Task objective — Give back the line containing "table = put t.table h (unlink" along with every line after it, exactly, until the entries end.

Input data —
- - - -

-- ===== src/Translator/Structure.antt =====
-- oplt/stran/OT_STRUC.CPP, the IF, DO, WHILE and VECTOR structures, with the statement list of
-- oplt/stran/OT_PARSE.CPP that they nest in. A label's symbol is found by its name, which stands
-- for it: `labels` holds the names of those that are defined.
pub mod Parse
pub mod Names
pub mod Segments
pub mod Runs
pub mod Steps
pub mod Pieces
pub mod Loops
pub mod Ifs
pub mod Exits
pub mod Vector
pub mod OneStatement
pub mod Sound
use opl_dev.Prelude.{
  ℕ, zero, suc, ◌+◌, ◌-◌, ◌*◌, ◌/◌, ◌%◌, List, [], ◌∷◌, ◌++◌, Bool, true, false, ◌||◌, ltb, ◌==◌,
  if◌then◌else◌,
}
use opl_dev.Prelude.Int.{pos}
use opl_dev.Prelude.Outcome.{
  LeaveCode, Outcome, ok, leave, spent, ◌>>=◌, syntax, type_mismatch, mismatched_bracket,
  duplicate_name, too_complex, structure_fault, missing_label, missing_comma, unexpected_eof,
}
use opl_dev.Translator.Token.{
  OplType, word, long, real, string, rank, not_equal, Token, operator, identifier, punctuation,
  Identifier, Punctuation, Callable, keyword, structure, reserved, long_value, real_value,
  open_bracket, close_bracket,
}
use opl_dev.Translator.Pcode.{Pcode, push_constant, apply, binary}
use opl_dev.Translator.Expr.{StackedOperator, Parser, Lexer, Operands, expression, expression_of}
use opl_dev.Runtime.Globals.{same_name}

-- The values of class EStructure.
pub data StructureWord : Type 0 where
  do_word while_word if_word vector_word : StructureWord

-- The values of class EReserved that end a statement list, and the others.
pub data ReservedWord : Type 0 where
  until_word end_wh else_word else_if end_if end_v other_word : ReservedWord

-- Of the keywords, those that KeywordStatementL makes EBranchAlways of, and the others.
pub data BranchWord : Type 0 where
  break_word continue_word goto_word other_keyword_word : BranchWord

-- `TBranches::TBranch`
pub data BranchKind : Type 0 where
  false_branch break_branch continue_branch exit_branch : BranchKind

-- `TBranches`. The array iBranches is a member for each kind.
pub record Branches : Type 0 where
  pub loop : ℕ
  pub depth : ℕ
  pub next_branch : ℕ
  pub false_at : ℕ
  pub break_at : ℕ
  pub continue_at : ℕ
  pub exit_at : ℕ

-- The parse code of a procedure's statements: those of an expression, and by their TPcode::TCode
-- the labels, the branches and the parts of a VECTOR. `other` is an instruction of another kind.
pub data ModuleCode (R : Type 0) : Type 0 where
  evaluate : Pcode R → ModuleCode R
  statement vector end_vector : ModuleCode R
  label branch_false branch_always vector_label : List ℕ → ModuleCode R
  other : ℕ → ModuleCode R

-- What of COplModuleParser a statement changes
pub record ModuleParser (L R : Type 0) : Type 0 where
  pub operator_stack : List StackedOperator
  pub code : List (ModuleCode R)
  pub lexer : L
  pub branches : Branches
  pub labels : List (List ℕ)
  pub last_was_return : Bool

-- What a module's lexer says of the token that it gave last.
pub record Words (lx : Lexer) : Type 0 where
  pub structure_word : lx.State → StructureWord
  pub reserved_word : lx.State → ReservedWord
  pub branch_word : lx.State → BranchWord
  pub name : lx.State → List ℕ

-- The statements that are no structure: IdentifierStatementL, CallStatementL, and what
-- KeywordStatementL does for a keyword other than BREAK, CONTINUE and GOTO.
pub record Statements (lx : Lexer) (R : Type 0) : Type 0 where
  pub identifier_statement :
      Identifier → ModuleParser lx.State R → Outcome (ModuleParser lx.State R)
  pub call_statement : Callable → ModuleParser lx.State R → Outcome (ModuleParser lx.State R)
  pub other_keyword : ModuleParser lx.State R → Outcome (ModuleParser lx.State R)

-- What ProcL's FillZ makes of them
abbrev pub no_branches : Branches
no_branches = record {
  loop = 0;
  depth = 0;
  next_branch = 0;
  false_at = 0;
  break_at = 0;
  continue_at = 0;
  exit_at = 0;
}

-- `TBranches::Branch`
abbrev pub branch : BranchKind → Branches → ℕ
branch false_branch b = b.false_at
branch break_branch b = b.break_at
branch continue_branch b = b.continue_at
branch exit_branch b = b.exit_at

abbrev pub set_branch_number : BranchKind → ℕ → Branches → Branches
set_branch_number false_branch n b = record b { false_at = n }
set_branch_number break_branch n b = record b { break_at = n }
set_branch_number continue_branch n b = record b { continue_at = n }
set_branch_number exit_branch n b = record b { exit_at = n }

-- `TBranches::NewBranch`, NeedBranch
unfoldable pub new_branch : BranchKind → Branches → Branches
new_branch k b =
    set_branch_number k b.next_branch
      (record b { next_branch = (b.next_branch + 1) % 0x1_0000_0000 })

-- `TBranches::SaveBranchesL`; what it saves is the state that the caller has.
unfoldable pub save_branches : Branches → Outcome Branches
save_branches b =
    if ltb 8 (suc b.depth) then leave too_complex else ok (record b { depth = suc b.depth })

-- `TBranches::RestoreBranches`
unfoldable pub restore_branches : Branches → Branches → Branches
restore_branches old b = record b {
  depth = b.depth - 1;
  false_at = old.false_at;
  break_at = old.break_at;
  continue_at = old.continue_at;
  exit_at = old.exit_at;
}

-- The loop of BranchName, on fuel: 16 rounds of `>>=2` take any 32 bits to 0.
abbrev pub digits : ℕ → ℕ → List ℕ
digits zero n = []
digits (suc fuel) n = let rest = digits fuel (n / 4) in if n == 0 then [] else n % 16 ∷ rest

-- `BranchName`, of a branch's number
unfoldable pub branch_name : ℕ → List ℕ
branch_name n = 0x2e ∷ digits 16 n

-- Whether a name is among those that are defined: IsDefined of its label
abbrev pub is_among : List ℕ → List (List ℕ) → Bool
is_among name [] = false
is_among name (l ∷ ls) = let rest = is_among name ls in same_name l name || rest

abbrev pub each_evaluate : {R : Type 0} → List (Pcode R) → List (ModuleCode R)
each_evaluate [] = []
each_evaluate (p ∷ ps) = evaluate p ∷ each_evaluate ps

-- `IsEos`
abbrev pub is_eos : Token → Bool
is_eos (punctuation Punctuation.eos) = true
is_eos (punctuation Punctuation.colon) = true
is_eos t = false

-- What EosL leaves with
abbrev pub eos_fault : Token → LeaveCode
eos_fault (operator open_bracket) = mismatched_bracket
eos_fault (operator close_bracket) = mismatched_bracket
eos_fault t = syntax

-- The parts of the translator that the statements are made of. `zero_real` is `TReal64(0.0)`.
pub record Front : Type 1 where
  pub lexer : Lexer
  pub Reals : Type 0
  pub zero_real : Reals
  pub operands : Operands lexer Reals
  pub words : Words lexer
  pub statements : Statements lexer Reals

module _ (fr : Front) where
  abbrev pub Module : Type 0
  Module = ModuleParser fr.lexer.State fr.Reals

  -- `PCodeL`, with what is written behind the code
  unfoldable pub p_code : ModuleCode fr.Reals → Module → Module
  p_code c m = record m { code = m.code ++ c ∷ [] }

  -- `NextL`
  unfoldable pub next : Module → Outcome (Token × Module)
  next m = do (token, l) ← fr.lexer.lex m.lexer; ok (token, record m { lexer = l })

  -- `EosL`
  unfoldable pub eos_l : Module → Outcome Module
  unfolding next
  eos_l m = do (token, m₁) ← next m; if is_eos token then ok m₁ else leave (eos_fault token)

  -- `SkipBlankLinesL`, on fuel for its rounds
  unfoldable pub skip_blank_lines : ℕ → Module → Outcome (Token × Module)
  unfolding next
  skip_blank_lines zero m = spent
  skip_blank_lines (suc fuel) m = do
    (token, m₁) ← next m
    let rest = skip_blank_lines fuel m₁
    if is_eos token then rest else ok (token, m₁)

  -- `DefineLabelL`
  unfoldable pub define_label : List ℕ → Module → Outcome Module
  unfolding p_code
  define_label name m =
      if is_among name m.labels
      then leave duplicate_name
      else ok (p_code (label name) (record m { labels = name ∷ m.labels }))

  -- `NeedBranch`
  unfoldable pub need_branch : BranchKind → Module → Module
  unfolding new_branch
  need_branch k m = record m { branches = new_branch k m.branches }

  -- `SetBranchL`
  unfoldable pub set_branch : BranchKind → Module → Outcome Module
  unfolding define_label branch_name
  set_branch k m = define_label (branch_name (branch k m.branches)) m

  -- `DoBranchL` with EBranchFalse, and with EBranchAlways
  unfoldable pub do_branch_false : BranchKind → Module → Module
  unfolding p_code branch_name
  do_branch_false k m = p_code (branch_false (branch_name (branch k m.branches))) m

  unfoldable pub do_branch_always : BranchKind → Module → Module
  unfolding p_code branch_name
  do_branch_always k m = p_code (branch_always (branch_name (branch k m.branches))) m

  -- The expression's own part of the parser; its code is written behind what is there.
  abbrev pub expression_part : Module → Parser fr.lexer.State fr.Reals
  expression_part m = record { operator_stack = m.operator_stack; code = []; lexer = m.lexer }

  abbrev pub with_expression : Parser fr.lexer.State fr.Reals → Module → Module
  with_expression p m = record m {
    operator_stack = p.operator_stack;
    code = m.code ++ each_evaluate p.code;
    lexer = p.lexer;
  }

  -- What ConditionalExpressionL writes behind an expression that is no word: a comparison with 0.
  abbrev pub test_code : OplType → List (ModuleCode fr.Reals)
  test_code word = []
  test_code long =
      evaluate (push_constant (long_value (pos 0)))
      ∷ evaluate (apply long word binary not_equal)
      ∷ []
  test_code type =
      evaluate (push_constant (real_value fr.zero_real))
      ∷ evaluate (apply type word binary not_equal)
      ∷ []

  -- `ConditionalExpressionL`
  unfoldable pub conditional_expression : ℕ → Module → Outcome Module
  unfolding expression do_branch_false
  conditional_expression fuel m = do
    (type, p) ← expression fr.lexer fr.Reals fr.operands fuel (expression_part m)
    let m₁ = with_expression p m
    if rank type == rank string
        then leave type_mismatch
        else ok (do_branch_false false_branch (record m₁ { code = m₁.code ++ test_code type }))
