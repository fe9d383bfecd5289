-- ===== src/Translator/Codegen.antt =====
-- oplt/stran/OPL16GEN.CPP: the qcode that the parse code of an expression becomes. A code is the
-- byte that is written; a constant's follow it in one of several lengths.
use opl_dev.Prelude.{ℕ, List, [], ◌∷◌, ◌++◌, Bool, ◌||◌, get_elem?, ltb, ◌==◌, if◌then◌else◌}
use opl_dev.Prelude.Int.{ℤ, pos_part, neg_part}
use opl_dev.Prelude.Outcome.{Outcome, ok, leave, ◌>>=◌, checked, type_mismatch}
use opl_dev.Translator.Token.{
  OplType, rank, Operator, number, Constant, word_value, long_value, real_value, string_value,
}
use opl_dev.Translator.Pcode.{Pcode, push_constant, cast, apply}
use opl_dev.Runtime.Arith.{bits_or}

-- `TQcode16` with the operand that is written behind it.
pub data Qcode (R : Type 0) : Type 0 where
  code : ℕ → Qcode R
  constant_int : ℤ → Qcode R
  constant_long : ℤ → Qcode R
  constant_float : R → Qcode R
  constant_string : List ℕ → Qcode R
  stack_byte_as_word : ℤ → Qcode R
  stack_byte_as_long : ℤ → Qcode R
  stack_word_as_long : ℤ → Qcode R

-- `casts`: 0xff (EExtended) is a type mismatch, 0 is no cast.
abbrev pub casts : List (List ℕ)
casts =
    (0 ∷ 0x7b ∷ 0x7c ∷ 0xff ∷ 0 ∷ [])
    ∷ (0x78 ∷ 0 ∷ 0x7d ∷ 0xff ∷ 0x7e ∷ [])
    ∷ (0x79 ∷ 0x7a ∷ 0 ∷ 0xff ∷ 0x7f ∷ [])
    ∷ (0xff ∷ 0xff ∷ 0xff ∷ 0 ∷ 0xff ∷ [])
    ∷ (0 ∷ 0x7b ∷ 0x7c ∷ 0xff ∷ 0 ∷ [])
    ∷ []

-- `operators`
abbrev pub operators : List ℕ
operators =
    0 ∷ 0x30 ∷ 0x34 ∷ 0x38 ∷ 0x3c ∷ 0x40 ∷ 0x44 ∷ 0x48 ∷ 0x4c ∷ 0x50 ∷ 0x54 ∷ 0x58 ∷ 0x5c ∷ 0x60
    ∷ 0x64 ∷ 0x68 ∷ 0 ∷ 0 ∷ 0 ∷ 0 ∷ 0x6c ∷ 0x6d ∷ 0x6e ∷ 0x6f ∷ 0x70 ∷ 0x71 ∷ []

-- `val<-low || val>high`, for the two bounds
abbrev pub outside : ℕ → ℕ → ℤ → Bool
outside low high val = ltb low (neg_part val) || ltb high (pos_part val)

module _ {R : Type 0} where
  -- The case of EConstant
  unfoldable pub constant_qcode : Constant R → List (Qcode R)
  constant_qcode (word_value val) =
      if outside 128 127 val then constant_int val ∷ [] else stack_byte_as_word val ∷ []
  constant_qcode (long_value val) =
      if outside 128 127 val
      then (if outside 32768 32767 val then constant_long val ∷ [] else stack_word_as_long val ∷ [])
      else stack_byte_as_long val ∷ []
  constant_qcode (real_value x) = constant_float x ∷ []
  constant_qcode (string_value t) = constant_string t ∷ []

  -- The case of ECast
  unfoldable pub cast_qcode : OplType → OplType → Outcome (List (Qcode R))
  cast_qcode from to = do
    row ← checked (get_elem? casts (rank from))
    n ← checked (get_elem? row (rank to))
    if n == 0xff then leave type_mismatch else (if n == 0 then ok [] else ok (code n ∷ []))

  -- The case of EOperator
  unfoldable pub operator_qcode : OplType → Operator → Outcome (List (Qcode R))
  operator_qcode operand op = do
    n ← checked (get_elem? operators (number op))
    ok (
        if n == 0
        then []
        else (if ltb n 0x6c then code (bits_or 8 n (rank operand)) ∷ [] else code n ∷ []))

  unfoldable pub qcode : Pcode R → Outcome (List (Qcode R))
  unfolding constant_qcode cast_qcode operator_qcode
  qcode (push_constant c) = ok (constant_qcode c)
  qcode (cast from to) = cast_qcode from to
  qcode (apply operand result arity op) = operator_qcode operand op

  -- The loop of the converter
  unfoldable pub convert : List (Pcode R) → Outcome (List (Qcode R))
  convert [] = ok []
  convert (p ∷ ps) = qcode p >>= λ q. convert ps >>= λ qs. ok (q ++ qs)
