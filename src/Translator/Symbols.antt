-- ===== src/Translator/Symbols.antt =====
-- oplt/stran/OT_SYMBL.CPP and OT_SYMBL.H: the translator's table of symbols, a hash table whose
-- entries also stand in the order they were added. A symbol's address is its identity; a text is
-- its code units, and a token the number of its value.
pub mod Layers
pub mod Refines
use opl_dev.Prelude.{
  ℕ, zero, suc, ◌+◌, ◌-◌, ◌%◌, List, [], ◌∷◌, Bool, true, false, ◌&&◌, ◌||◌, Option, none, some,
  ltb, ◌==◌, if◌then◌else◌,
}
use opl_dev.Prelude.Outcome.{Outcome, ok, leave, panic, ◌>>=◌, duplicate_name, scope_underflow}
use opl_dev.Runtime.Globals.{same_name}

-- `COplSymbol::TClass`
pub data SymbolClass : Type 0 where
  constant label global local argument external_decl : SymbolClass
  opx_function proc_decl external_ref proc_ref : SymbolClass

-- `COplSymbol` with the members of COplDeclarationSymbol that the table reads. `declaration` is
-- the address of a reference's iDeclaration; a declaration has none.
pub record Symbol : Type 0 where
  pub address : ℕ
  pub class : SymbolClass
  pub name : List ℕ
  pub token : ℕ
  pub declaration : Option ℕ
  pub scope : ℕ

-- `COplSymbolTable`: iCurrentScope, iScopeQue from its first symbol, and iTable.
pub record SymbolTable : Type 0 where
  pub current_scope : ℕ
  pub scope_queue : List Symbol
  pub table : ℕ → List Symbol

-- The table that the constructor leaves
abbrev pub new_table : SymbolTable
new_table = record { current_scope = 0; scope_queue = []; table = λ k. [] }

-- The sum of Hash, a TUint
abbrev pub hash_sum : ℕ → List ℕ → ℕ
hash_sum sum [] = sum
hash_sum sum (c ∷ cs) = hash_sum ((sum + c) % 0x1_0000_0000) cs

-- `Hash`: the index of the queue
unfoldable pub hash_of : List ℕ → ℕ
hash_of name = hash_sum 0 name % 31

-- The loop of Find along a queue; none is NULL.
abbrev pub find_symbol : List ℕ → ℕ → List Symbol → Option Symbol
find_symbol name token [] = none
find_symbol name token (s ∷ ss) =
    let rest = find_symbol name token ss in
    if same_name name s.name && (s.token == token) then some s else rest

-- `Find`
unfoldable pub find : List ℕ → ℕ → SymbolTable → Option Symbol
find name token t = find_symbol name token (t.table (hash_of name))

-- `Class()==EExternalDecl || Class()==EProcDecl`
abbrev pub is_declaration : SymbolClass → Bool
is_declaration external_decl = true
is_declaration proc_decl = true
is_declaration c = false

abbrev pub is_address : Option ℕ → ℕ → Bool
is_address none a = false
is_address (some b) a = a == b

-- What AddL's condition says of the symbol that was found: it is in the scope, and it is not the
-- declaration that a reference is added for. (Where the symbol is no reference, the source compares
-- with its iName, which is no symbol's address.)
abbrev pub is_duplicate : Symbol → ℕ → Option Symbol → Bool
is_duplicate s scope none = false
is_duplicate s scope (some p) =
    (p.scope == scope)
    && (if is_declaration p.class && is_address s.declaration p.address then false else true)

abbrev pub put : (ℕ → List Symbol) → ℕ → List Symbol → ℕ → List Symbol
put table i q k = if k == i then q else table k

-- `AddL`
unfoldable pub add : Symbol → SymbolTable → Outcome SymbolTable
unfolding find
add s t =
    let found = find s.name s.token t in
    let placed = record s { scope = t.current_scope } in
    let h = hash_of s.name in
    if is_duplicate s t.current_scope found
    then leave duplicate_name
    else ok (record t {
      scope_queue = placed ∷ t.scope_queue;
      table = put t.table h (placed ∷ t.table h);
    })

-- A queue without the entry at an address
abbrev pub unlink : ℕ → List Symbol → List Symbol
unlink a [] = []
unlink a (s ∷ ss) = let rest = unlink a ss in if s.address == a then ss else s ∷ rest

-- `Delete`
unfoldable pub delete : Symbol → SymbolTable → SymbolTable
delete s t =
    let h = hash_of s.name in
    record t {
      scope_queue = unlink s.address t.scope_queue;
      table = put t.table h (unlink s.address (t.table h));
    }

-- The loop of EndScope, over the queue as it is at its start: a round deletes its first symbol.
unfoldable pub delete_scope : List Symbol → SymbolTable → SymbolTable
delete_scope [] t = t
delete_scope (s ∷ rest) t =
    let deleted = delete_scope rest (delete s t) in
    if s.scope == t.current_scope then deleted else t

-- `StartScope`
abbrev pub start_scope : SymbolTable → SymbolTable
start_scope t = record t { current_scope = suc t.current_scope }

-- `EndScope`
unfoldable pub end_scope : SymbolTable → Outcome SymbolTable
end_scope t =
    let deleted = delete_scope t.scope_queue t in
    if ltb 0 t.current_scope
    then ok (record deleted { current_scope = deleted.current_scope - 1 })
    else panic scope_underflow

-- The loop of Reset, over the queue as it is at its start
unfoldable pub delete_all : List Symbol → SymbolTable → SymbolTable
delete_all [] t = t
delete_all (s ∷ rest) t = delete_all rest (delete s t)

-- `Reset`
unfoldable pub reset : SymbolTable → SymbolTable
reset t = record (delete_all t.scope_queue t) { current_scope = 0 }

-- The calls that a translation makes of its table
pub data SymbolStep : Type 0 where
  start_call end_call reset_call : SymbolStep
  add_call : Symbol → SymbolStep

unfoldable pub call : SymbolStep → SymbolTable → Outcome SymbolTable
unfolding add end_scope reset
call start_call t = ok (start_scope t)
call end_call t = end_scope t
call reset_call t = ok (reset t)
call (add_call s) t = add s t

-- A sequence of calls; the first that leaves ends it.
unfoldable pub calls : List SymbolStep → SymbolTable → Outcome SymbolTable
calls [] t = ok t
calls (c ∷ cs) t = call c t >>= calls cs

- - - -

Response area —
      table = put t.table h (unlink s.address (t.table h));
    }

-- The loop of EndScope, over the queue as it is at its start: a round deletes its first symbol.
unfoldable pub delete_scope : List Symbol → SymbolTable → SymbolTable
delete_scope [] t = t
delete_scope (s ∷ rest) t =
    let deleted = delete_scope rest (delete s t) in
    if s.scope == t.current_scope then deleted else t

-- `StartScope`
abbrev pub start_scope : SymbolTable → SymbolTable
start_scope t = record t { current_scope = suc t.current_scope }

-- `EndScope`
unfoldable pub end_scope : SymbolTable → Outcome SymbolTable
end_scope t =
    let deleted = delete_scope t.scope_queue t in
    if ltb 0 t.current_scope
    then ok (record deleted { current_scope = deleted.current_scope - 1 })
    else panic scope_underflow

-- The loop of Reset, over the queue as it is at its start
unfoldable pub delete_all : List Symbol → SymbolTable → SymbolTable
delete_all [] t = t
delete_all (s ∷ rest) t = delete_all rest (delete s t)

-- `Reset`
unfoldable pub reset : SymbolTable → SymbolTable
reset t = record (delete_all t.scope_queue t) { current_scope = 0 }

-- The calls that a translation makes of its table
pub data SymbolStep : Type 0 where
  start_call end_call reset_call : SymbolStep
  add_call : Symbol → SymbolStep

unfoldable pub call : SymbolStep → SymbolTable → Outcome SymbolTable
unfolding add end_scope reset
call start_call t = ok (start_scope t)
call end_call t = end_scope t
call reset_call t = ok (reset t)
call (add_call s) t = add s t

-- A sequence of calls; the first that leaves ends it.
unfoldable pub calls : List SymbolStep → SymbolTable → Outcome SymbolTable
calls [] t = ok t
calls (c ∷ cs) t = call c t >>= calls cs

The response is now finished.